Collected data:

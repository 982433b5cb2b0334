-- ===== src/Context.antt =====
-- The state that the tasks of a process share (src/context.rs), the traits and calls by which it
-- reaches the network, the Raft node and the clock, and asynchronous functions over it.
pub mod Task
use nexus_auth.Prelude.{ℕ, Bool, Option, none, some, List, Text, Bytes, Result, Done}
use nexus_auth.BTree.{BTreeMap}
use nexus_auth.Fsutil.{Faults}
use nexus_auth.Policy.Types.{PolicyCommand, PolicyResult, PolicyState}
use nexus_auth.Legacy.Types.{Store, World}
use nexus_auth.Authority.{Authority}
use nexus_auth.Auth.Admin.{AdminAuth}
use nexus_auth.Auth.Replicate.{RepAuth}
use nexus_auth.Auth.Requests.{AdminVerifier}

-- The error of a reply (src/protocol.rs).
pub record SidecarError : Type 0 where
  pub code : Text
  pub message : Text
  pub publish_error : Option Text

-- `SidecarError::new`
unfoldable pub sidecar_error : Text → Text → SidecarError
sidecar_error code message = record { code = code; message = message; publish_error = none }

unfoldable pub with_publish_error : SidecarError → Text → SidecarError
with_publish_error e error = record e { publish_error = some error }

-- `AdminProposal` of src/admin_v2.rs
pub record AdminProposal : Type 0 where
  pub result : PolicyResult
  pub raft_index : ℕ

-- The trait `AdminRaft` of src/admin_v2.rs. `W` is the world beyond the process: every call may
-- change it.
pub record AdminRaft (W : Type 0) : Type 0 where
  pub service_name : Text
  pub is_leader : W → Bool × W
  pub leader_peer : W → Option Text × W
  pub term : W → ℕ × W
  pub policy_snapshot : W → PolicyState × W
  pub applied_index : W → Option ℕ × W
  pub stale : W → Bool × W
  pub propose : PolicyCommand → W → Result Text AdminProposal × W

-- The trait `AdminForwarder` of src/admin_v2.rs.
pub record AdminForwarder (W : Type 0) : Type 0 where
  pub whoami : W → Result SidecarError Text × W
  pub forward_admin : Text → Text → Bytes → W → Result SidecarError Bytes × W

-- The fields of `PublishStatus` of src/publisher.rs.
pub record PublishStatus : Type 0 where
  pub last_publish_epoch : Option ℕ
  pub last_publish_ok : Bool
  pub last_publish_error : Option Text
  pub last_publish_at : Option ℕ

-- What a mutex or an atomic holds, and other tasks may change at an await: the connections of the
-- publisher by their ids, its two `Notify` permits, the store with its file, the authority and the
-- authenticators. `C` are connections and `V` verifying keys.
pub record Shared (C V : Type 0) : Type 0 where
  pub clients : List (ℕ × C)
  pub next_id : ℕ
  pub publish_notify : Bool
  pub renew_notify : Bool
  pub store : World
  pub authority : Option Authority
  pub admin : AdminAuth
  pub admin_keys : AdminVerifier V
  pub replicate : RepAuth

-- `status` is written by the publisher alone, under its `publish_lock`.
pub record System (C W V : Type 0) : Type 0 where
  pub shared : Shared C V
  pub status : PublishStatus
  pub world : W

-- The calls to connections, clock, timer and file system, and what other tasks do to the shared state
-- while one awaits a call that has led to a world.
pub record Env (C W V : Type 0) : Type 0 where
  pub add_key : C → Text → Bytes → W → Result SidecarError Done × W
  pub sleep : ℕ → W → W
  pub now_unix : W → ℕ × W
  pub disk_faults : W → Faults × W
  pub others : W → Shared C V → Shared C V
  -- the rounds, with renewal or without, that others have with `publish_now` while one waits for the
  -- `publish_lock`
  pub rounds : W → List Bool

-- The fields of `AuthContext` that do not change once the sidecar is up.
pub record AuthContext (W : Type 0) : Type 0 where
  pub network : Text
  pub service_name : Text
  pub expires_secs : ℕ
  pub renew_secs : ℕ
  pub raft_required : Bool
  pub admin_raft : Option (AdminRaft W)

### About this task:
In full and verbatim, transcribe the data.

### Task result:
repository 982433b5cb2b0334
-- ===== src/Context.antt =====
-- The state that the tasks of a process share (src/context.rs), the traits and calls by which it
-- reaches the network, the Raft node and the clock, and asynchronous functions over it.
pub mod Task
use nexus_auth.Prelude.{ℕ, Bool, Option, none, some, List, Text, Bytes, Result, Done}
use nexus_auth.BTree.{BTreeMap}
use nexus_auth.Fsutil.{Faults}
use nexus_auth.Policy.Types.{PolicyCommand, PolicyResult, PolicyState}
use nexus_auth.Legacy.Types.{Store, World}
use nexus_auth.Authority.{Authority}
use nexus_auth.Auth.Admin.{AdminAuth}
use nexus_auth.Auth.Replicate.{RepAuth}
use nexus_auth.Auth.Requests.{AdminVerifier}

-- The error of a reply (src/protocol.rs).
pub record SidecarError : Type 0 where
  pub code : Text
  pub message : Text
  pub publish_error : Option Text

-- `SidecarError::new`
unfoldable pub sidecar_error : Text → Text → SidecarError
sidecar_error code message = record { code = code; message = message; publish_error = none }

unfoldable pub with_publish_error : SidecarError → Text → SidecarError
with_publish_error e error = record e { publish_error = some error }

-- `AdminProposal` of src/admin_v2.rs
pub record AdminProposal : Type 0 where
  pub result : PolicyResult
  pub raft_index : ℕ

-- The trait `AdminRaft` of src/admin_v2.rs. `W` is the world beyond the process: every call may
-- change it.
pub record AdminRaft (W : Type 0) : Type 0 where
  pub service_name : Text
  pub is_leader : W → Bool × W
  pub leader_peer : W → Option Text × W
  pub term : W → ℕ × W
  pub policy_snapshot : W → PolicyState × W
  pub applied_index : W → Option ℕ × W
  pub stale : W → Bool × W
  pub propose : PolicyCommand → W → Result Text AdminProposal × W

-- The trait `AdminForwarder` of src/admin_v2.rs.
pub record AdminForwarder (W : Type 0) : Type 0 where
  pub whoami : W → Result SidecarError Text × W
  pub forward_admin : Text → Text → Bytes → W → Result SidecarError Bytes × W

-- The fields of `PublishStatus` of src/publisher.rs.
pub record PublishStatus : Type 0 where
  pub last_publish_epoch : Option ℕ
  pub last_publish_ok : Bool
  pub last_publish_error : Option Text
  pub last_publish_at : Option ℕ

-- What a mutex or an atomic holds, and other tasks may change at an await: the connections of the
-- publisher by their ids, its two `Notify` permits, the store with its file, the authority and the
-- authenticators. `C` are connections and `V` verifying keys.
pub record Shared (C V : Type 0) : Type 0 where
  pub clients : List (ℕ × C)
  pub next_id : ℕ
  pub publish_notify : Bool
  pub renew_notify : Bool
  pub store : World
  pub authority : Option Authority
  pub admin : AdminAuth
  pub admin_keys : AdminVerifier V
  pub replicate : RepAuth

-- `status` is written by the publisher alone, under its `publish_lock`.
pub record System (C W V : Type 0) : Type 0 where
  pub shared : Shared C V
  pub status : PublishStatus
  pub world : W

-- The calls to connections, clock, timer and file system, and what other tasks do to the shared state
-- while one awaits a call that has led to a world.
pub record Env (C W V : Type 0) : Type 0 where
  pub add_key : C → Text → Bytes → W → Result SidecarError Done × W
  pub sleep : ℕ → W → W
  pub now_unix : W → ℕ × W
  pub disk_faults : W → Faults × W
  pub others : W → Shared C V → Shared C V
  -- the rounds, with renewal or without, that others have with `publish_now` while one waits for the
  -- `publish_lock`
  pub rounds : W → List Bool

-- The fields of `AuthContext` that do not change once the sidecar is up.
pub record AuthContext (W : Type 0) : Type 0 where
  pub network : Text
  pub service_name : Text
  pub expires_secs : ℕ
  pub renew_secs : ℕ
  pub raft_required : Bool
  pub admin_raft : Option (AdminRaft W)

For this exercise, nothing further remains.